On July 31, 2013, the remaining over-the-air retransmitters of NTV in Corner Brook, Deer Lake, Norris Arm, Bonavista, Clarenville, Argentia, and Marystown were discontinued. Coupled with the closure of the CBC's analog repeater network in 2012, the St. John's area is the only part of the province that does not need a cable or satellite subscription for "over-the-air" TV. However, few Newfoundlanders lost access to NTV due to the high penetration of cable and satellite in the province.
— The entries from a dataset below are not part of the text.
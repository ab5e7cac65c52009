-- ===== src/Storage/Planner/Plans.antt =====
-- rdb-analyzer/src/storage_plan/planner.rs: the plans that `generate_plan_for_schema` returns.
use refine_db.Storage.Planner.Special.{collect_exports, no_special_types}
use refine_db.Prelude.{
  ℕ, false, none, some, String, List, [], ◌∷◌, Dict, lookup, insert, All, All-insert, Option-cases,
  inl, inr, ◌⊎◌, ◌≡◌, refl, Ensures, returns, ◌⟫◌, Ensures-any,
}
use refine_db.Schema.{FieldType, CompiledSchema}
use refine_db.Storage.{
  StorageKey, StorageNode, storage_node, SetNode, no_set, set_of, Children, no_child, child,
  StoragePlan,
}
use refine_db.Storage.Planner.{PlanState, Sample, contains_storage_key}
use refine_db.Storage.Planner.Generate.{
  collect_storage_keys, collect_set_keys, collect_children_keys, collect_plan_keys, export_point,
  generate_exports, generate_plan_for_schema,
}
use refine_db.Storage.Planner.Generate.{initial_state}
use refine_db.Storage.Planner.Provenance.{
  IsIn, AllKeys, AllSetKeys, AllChildrenKeys, IsLinked, IsOld, validate_type-IsOld,
}
use refine_db.Storage.Planner.Linked.{
  IsIn-head, IsIn-tail, IsWithin, AllKeys-map, AllSetKeys-map, IsLinked-map,
}
use refine_db.Storage.Planner.Steps.{StackIsOn, StackIsOn-Steps, not_used}
use refine_db.Storage.Planner.Soundness.{Origin, generate_field-IsSound}

-- What is collected is kept, and every key of a node is collected.
mutual
  unfolding collect_storage_keys collect_set_keys collect_children_keys

  collect_storage_keys-IsWithin :
      (x : StorageNode StorageKey) (sink : List StorageKey)
      → IsWithin sink (collect_storage_keys x sink)
  collect_storage_keys-IsWithin (storage_node k f r s c) sink j h =
      collect_children_keys-IsWithin c _ j (collect_set_keys-IsWithin s _ j (IsIn-tail k sink j h))

  collect_set_keys-IsWithin :
      (s : SetNode StorageKey) (sink : List StorageKey) → IsWithin sink (collect_set_keys s sink)
  collect_set_keys-IsWithin no_set sink j h = h
  collect_set_keys-IsWithin (set_of x) sink j h = collect_storage_keys-IsWithin x sink j h

  collect_children_keys-IsWithin :
      (c : Children StorageKey) (sink : List StorageKey)
      → IsWithin sink (collect_children_keys c sink)
  collect_children_keys-IsWithin no_child sink j h = h
  collect_children_keys-IsWithin (child n x cs) sink j h =
      collect_children_keys-IsWithin cs _ j (collect_storage_keys-IsWithin x sink j h)

mutual
  unfolding collect_storage_keys collect_set_keys collect_children_keys

  collected :
      (x : StorageNode StorageKey) (sink : List StorageKey)
      → AllKeys (λ k. IsIn k (collect_storage_keys x sink)) x
  collected (storage_node k f r s c) sink = (
    collect_children_keys-IsWithin c _ k (collect_set_keys-IsWithin s _ k (IsIn-head k sink)),
    AllSetKeys-map _ _ (λ k' h. collect_children_keys-IsWithin c _ k' h) s
        (collected_set s (k ∷ sink)),
    collected_children c (collect_set_keys s (k ∷ sink)),
  )

  collected_set :
      (s : SetNode StorageKey) (sink : List StorageKey)
      → AllSetKeys (λ k. IsIn k (collect_set_keys s sink)) s
  collected_set no_set sink = tt
  collected_set (set_of x) sink = collected x sink

  collected_children :
      (c : Children StorageKey) (sink : List StorageKey)
      → AllChildrenKeys (λ k. IsIn k (collect_children_keys c sink)) c
  collected_children no_child sink = tt
  collected_children (child n x cs) sink = (
    AllKeys-map _ _ (λ k h. collect_children_keys-IsWithin cs _ k h) x (collected x sink),
    collected_children cs (collect_storage_keys x sink),
  )

-- The keys that the old plan has for an export.
pub export_keys : StoragePlan StorageKey → String → List StorageKey
export_keys old_plan name = elim (lookup name old_plan.nodes) [
  | none ↦ []
  | some x ↦ collect_storage_keys x []
]

-- A key that the old plan has for this export, or that it has nowhere.
abbrev pub IsKeptOrNew : StoragePlan StorageKey → String → StorageKey → Type 0
IsKeptOrNew old_plan name k =
    IsIn k (export_keys old_plan name)
    ⊎ (contains_storage_key k (collect_plan_keys old_plan.nodes []) ≡ false)

abbrev pub NodesAreLinked : StoragePlan StorageKey → Dict (StorageNode StorageKey) → Type 0
NodesAreLinked old_plan nodes = All (λ (name, x). IsLinked (IsKeptOrNew old_plan name) [] x) nodes

export_point-IsOld :
    (old_plan : StoragePlan StorageKey) (old_schema : CompiledSchema) (name : String)
    (ty : FieldType)
    → IsOld (λ k. IsIn k (export_keys old_plan name)) (export_point old_plan old_schema name ty)
unfolding export_point export_keys
export_point-IsOld old_plan old_schema name ty =
    elim (Option-cases (lookup name old_schema.exports)) [
      | inl e ↦ rw (e, export_point) tt
      | inr (t, e) ↦ elim (Option-cases (lookup name old_plan.nodes)) [
        | inl q ↦ rw (e, q, export_point) tt
        | inr (x, q) ↦
            rw (e, q, export_point, export_keys)
              (validate_type-IsOld _ ty (record { name = name; ty = t; node = x }) (collected x []))
      ]
    ]

kept_or_new :
    (old_plan : StoragePlan StorageKey) (name : String) (st st' : PlanState)
    → IsWithin (collect_plan_keys old_plan.nodes []) st.used_storage_keys
    → (k : StorageKey) → Origin (λ k. IsIn k (export_keys old_plan name)) st st' k
    → IsKeptOrNew old_plan name k
kept_or_new old_plan name st st' hu k (inl h) = inl h
kept_or_new old_plan name st st' hu k (inr (h, _)) = inr (not_used _ _ (hu k) h)

empty_stack :
    (path : List StorageKey) (st : PlanState) → st.fields_in_stack ≡ [] → StackIsOn path st
unfolding lookup
empty_stack path st h n k e = cc (rw h at e)

module _ (fuel : ℕ) (old_plan : StoragePlan StorageKey) (old_schema schema : CompiledSchema) where
  generate_exports-Ensures :
      (exports : Dict FieldType) (nodes : Dict (StorageNode StorageKey)) (st : PlanState)
      → NodesAreLinked old_plan nodes
      → IsWithin (collect_plan_keys old_plan.nodes []) st.used_storage_keys
      → StackIsOn [] st
      → Ensures
          (λ (nodes', _). NodesAreLinked old_plan nodes')
          (generate_exports fuel old_plan old_schema schema exports nodes st)
  unfolding generate_exports
  generate_exports-Ensures [] nodes st hn hu hs = returns {a = (nodes, st)} hn
  generate_exports-Ensures ((name, field) ∷ exports) nodes st hn hu hs =
      let Old : StorageKey → Type 0 = λ k. IsIn k (export_keys old_plan name) in
      generate_field-IsSound Old fuel old_schema schema field []
        (export_point old_plan old_schema name field) [] st
        (export_point-IsOld old_plan old_schema name field) hs
      ⟫ λ (x, st') (s, h).
          generate_exports-Ensures exports (insert name x nodes) st'
            (All-insert _ name x nodes
              (IsLinked-map (Origin Old st st') (IsKeptOrNew old_plan name)
                (kept_or_new old_plan name st st' hu) [] [] (λ k h. h) x h)
              hn)
            (λ k h. s.keeps_used k (hu k h)) (StackIsOn-Steps [] st st' s hs)

  -- In a plan that `generate_plan_for_schema` returns, a key at or below an export is one that the old
  -- plan has at or below the export of that name, or one that the old plan has nowhere; and a reference
  -- names the key of a node on the path from the export to it.
  pub generate_plan-NodesAreLinked :
      (samples : List Sample)
      → Ensures
          (λ plan. NodesAreLinked old_plan plan.nodes)
          (generate_plan_for_schema fuel samples old_plan old_schema schema)
  unfolding generate_plan_for_schema
  generate_plan-NodesAreLinked samples =
      Ensures-any (collect_exports fuel schema schema.exports no_special_types) ⟫ λ special _.
      let st : PlanState = initial_state samples old_plan special in
      generate_exports-Ensures schema.exports [] st tt (λ k h. h) (empty_stack [] st refl)
      ⟫ λ (nodes, _) h. returns {a = record { nodes = nodes }} h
List of some of CJON's former retransmitters
Map all coordinates using OpenStreetMap Download coordinates as: KML; GPX (all coordinates); GPX (primary coordinates); GPX (secondary coordinates);
| Station | City of licence | Channel | ERP | HAAT | Transmitter coordinates | Closed |
|---|---|---|---|---|---|---|
| CJON-TV-4 | Bay Bulls | 10 (VHF) | 0.009 kW | NA | 47°18′52″N 52°49′17″W﻿ / ﻿47.31444°N 52.82139°W | 2011 |
| CJCN-TV | Norris Arm | 4 (VHF) | 100 kW | 182.5 m (599 ft) | 49°4′14″N 55°16′42″W﻿ / ﻿49.07056°N 55.27833°W | 2013 |
| CJCV-TV | Clarenville | 11 (VHF) | 0.211 kW | 112 m (367 ft) | 48°10′12″N 53°58′26″W﻿ / ﻿48.17000°N 53.97389°W | 2013 |
| CJLN-TV | Lawn | 10 (VHF) | 0.009 kW | NA | 46°57′30″N 55°32′19″W﻿ / ﻿46.95833°N 55.53861°W | 2011 |
| CJLW-TV | Deer Lake | 8 (VHF) | 2.5 kW | 129 m (423 ft) | 49°15′23″N 57°30′25″W﻿ / ﻿49.25639°N 57.50694°W | 2013 |
| CJMA-TV | Marystown | 11 (VHF) | 1.8 kW | 237 m (778 ft) | 47°8′31″N 55°8′51″W﻿ / ﻿47.14194°N 55.14750°W | 2013 |
| CJOM-TV | Argentia | 3 (VHF) | 14 kW | 164 m (538 ft) | 47°15′44″N 53°58′54″W﻿ / ﻿47.26222°N 53.98167°W | 2013 |
| CJOX-TV-1 | Grand Bank | 2 (VHF) | 9.26 kW | 117.3 m (385 ft) | 47°5′17″N 55°46′19″W﻿ / ﻿47.08806°N 55.77194°W | 2012 |
| CJRR-TV | Red Rocks | 11 (VHF) | 0.805 kW | 132 m (433 ft) | 47°40′26″N 59°18′13″W﻿ / ﻿47.67389°N 59.30361°W | 2012 |
| CJSV-TV | Stephenville | 4 (VHF) | 8.34 kW | 138.3 m (454 ft) | 48°31′9″N 58°30′56″W﻿ / ﻿48.51917°N 58.51556°W | 2012 |
| CJWB-TV | Bonavista | 10 (VHF) | 17.6 kW | 169 m (554 ft) | 48°37′30″N 53°3′41″W﻿ / ﻿48.62500°N 53.06139°W | 2013 |
| CJWN-TV | Corner Brook | 10 (VHF) | 14.75 kW | 88.5 m (290 ft) | 48°56′55″N 57°58′17″W﻿ / ﻿48.94861°N 57.97139°W | 2013 |

===Internet===
NTV streams all of its local newscasts live through its website, with no geographic restrictions. The live Internet feed previously carried some of the American syndicated programs; these were dropped in September 2018. It has never carried network programming on the online feed. During times when it is not carrying local news, the NTV online feed simulcasts sister station CHOZ-FM, accompanied by webcam shots overlooking St. John's. In 2022, CJON launched the NTV+ app, which carries programming from NTV as well as CHOZ-FM.